Tries let us efficiently re_trie_ve textual information, which is how it gets its name.
Suffix tries
In this section, we'll consider a slightly different problem tries help us solve.
Say we want to check whether some text appears in a larger text. For example, whether 'rshi' appears in 'entrepreneurship'. We can write this as:
function contains(str, substr) {
// Walking through the characters in `str`...
for (let i = 0; i <= str.length - substr.length; i++) {
// At each point, we'll keep a flag to say whether the
// characters starting from that point match the substring
let sameChars = true;
// Check if all the characters in the string
// (counting from index `i`) match the substring
for (let j = 0; j < substr.length; j++) {
if (str[i + j] !== substr[j]) {
sameChars = false;
break;
}
}
// If all the characters are the same, we have a match! :)
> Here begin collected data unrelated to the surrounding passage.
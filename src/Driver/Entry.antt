-- ===== src/Driver/Entry.antt =====
-- main.c: what of fscc_init's registrations stays when it fails.
use fscc_linux.Prelude.{
  ℕ, ◌+◌, ◌≤◌, ◌≡◌, refl, arith, inl, inr, List, [], ◌∷◌, Bool, true, false, Bool-cases, not,
}
use fscc_linux.Kernel.{
  Env, eio, Trace, class_create, class_destroy, register_chrdev, unregister_chrdev,
  pci_register_driver, pci_unregister_driver, pci_enable_device, truthy, below_zero, is_err,
}
use fscc_linux.State.{Port}
use fscc_linux.Utils.{is_fscc_device}
use fscc_linux.Card.Life.{PciDevice, Card, card_new}
use fscc_linux.Driver.{Loaded, loaded, failed, add_card, load_cards, find_cards, init}

-- Which of the class, the character device and the PCI driver are registered.
pub record Registered : Type 0 where
  pub class : Bool
  pub chrdev : Bool
  pub driver : Bool

abbrev pub none_registered : Registered
none_registered = record { class = false; chrdev = false; driver = false }

-- What the calls so far have registered and not undone.
unfoldable pub registered : Env → Trace → Registered
registered e [] = none_registered
registered e (class_create ∷ t) = record (registered e t) {
  class = not (is_err (e.returns t class_create));
}
registered e (class_destroy ∷ t) = record (registered e t) { class = false }
registered e (register_chrdev ∷ t) = record (registered e t) {
  chrdev = not (below_zero (e.returns t register_chrdev));
}
registered e (unregister_chrdev ∷ t) = record (registered e t) { chrdev = false }
registered e (pci_register_driver ∷ t) = record (registered e t) {
  driver = not (below_zero (e.returns t pci_register_driver));
}
registered e (pci_unregister_driver ∷ t) = record (registered e t) { driver = false }
registered e (_ ∷ t) = registered e t

-- fscc_init has not failed, or with EIO.
abbrev pub stays : Loaded → Bool
stays loaded = true
stays (failed eio) = true
stays _ = false

-- The number of devices only grows, and while it is zero nothing is called.
load_cards_lem :
    (e : Env) (raw : ℕ → ℕ → Port) (pdevs : List PciDevice) (n : ℕ) (cards : List Card) (t : Trace)
    → (n ≤ (load_cards e raw pdevs n cards t).1)
      × ((load_cards e raw pdevs n cards t).1 ≡ 0 → (load_cards e raw pdevs n cards t).3 ≡ t)
unfolding load_cards
load_cards_lem e raw [] n cards t = (omega arith, λ z. refl)
load_cards_lem e raw (pdev ∷ pdevs) n cards t =
    let made = card_new e pdev (raw pdev.pci_dev) (pci_enable_device pdev.pci_dev ∷ t) in
    let rest = load_cards_lem e raw pdevs (n + 1) (add_card made.0 cards) made.1 in
    let skipped = load_cards_lem e raw pdevs n cards t in
    elim (Bool-cases (is_fscc_device pdev.device)) [
      | inr other ↦ rw other skipped
      | inl ours ↦
          rw ours (elim (Bool-cases (truthy (e.returns t (pci_enable_device pdev.pci_dev)))) [
            | inl broken ↦ rw broken (omega arith, λ z. absurd (omega (arith, z)))
            | inr enabled ↦
                rw enabled (omega (arith, rest.0), λ z. absurd (omega (arith, rest.0, z)))
          ])
    ]

find_cards_lem :
    (e : Env) (raw : ℕ → ℕ → Port) (pdevs : List PciDevice) (t : Trace)
    → stays (find_cards e raw pdevs t).0 ≡ false
    → (find_cards e raw pdevs t).2 ≡ class_destroy ∷ unregister_chrdev ∷ pci_unregister_driver ∷ t
unfolding find_cards
find_cards_lem e raw pdevs t fails = ground (arith, load_cards_lem e raw pdevs 0 [] t)

-- When fscc_init, started with nothing registered, fails with anything but EIO, it leaves neither
-- the class nor the character device nor the PCI driver registered.
pub init-registered :
    (e : Env) (raw : ℕ → ℕ → Port) (pdevs : List PciDevice) (t : Trace)
    → registered e t ≡ none_registered
    → stays (init e raw pdevs t).0 ≡ false
    → registered e (init e raw pdevs t).2 ≡ none_registered
unfolding init registered
init-registered e raw pdevs t clean fails = ground (
  arith,
  clean,
  fails,
  find_cards_lem e raw pdevs (pci_register_driver ∷ register_chrdev ∷ class_create ∷ t),
)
if (sameChars) return true;
}
// At this point, we've checked through the
// entire string, but there's no match :(
return false;
}
To check whether the string contains the substring, we loop through the characters in the string. And at each character, we check whether the substring matches from that point. We can represent this as O(p*q), where p is the length of the string and q is the length of the substring.
But there's another way to look at this program. Looping through the characters in the string is much like looping through an array of the string's suffixes. When we look for 'rshi' in 'entrepreneurship', we're checking whether any string in this array starts with 'rshi':
['entrepreneurship', 'ntrepreneurship', 'trepreneurship', 'repreneurship',
'epreneurship', 'preneurship', 'reneurship', 'eneurship', 'neurship',
'eurship', 'urship', 'rship', 'ship', 'hip', 'ip', 'p']
^^^^^^^
We're in familiar territory here. We have a list of "words" and we want to check whether one of the words starts with a prefix. We already know a good way to solve this problem: the trie!
We can add all the suffixes into a trie. And then check the trie for the substring:
function hasPrefix(trie, prefix) {
let current = trie;
// For each character in the prefix...
for (let i = 0; i < prefix.length; i++) {
const index = alphabet.indexOf(prefix[i]);
// If there is no child trie, there
// are no words starting with the prefix
if (!current.children[index]) return false;
current = current.children[index];
}
// If child trees exist till the end of the prefix,
// then the trie contains the prefix! :)
return true;
}
The time complexity of checking whether the prefix exists in the trie is O(q), where q is the length of the substring. Effectively, by indexing the text into a "suffix trie" beforehand, we improve the performance of finding a substring from O(p*q) to O(q).
Suffix tries are typically much larger than the text they represent. Usually, a compressed version of the suffix trie, known as the suffix tree, is used instead. These suffix trees are useful in many text-based operations, like free-text search and for finding patterns in long DNA and protein sequences.
The complete code for the examples in this post is available on GitHub.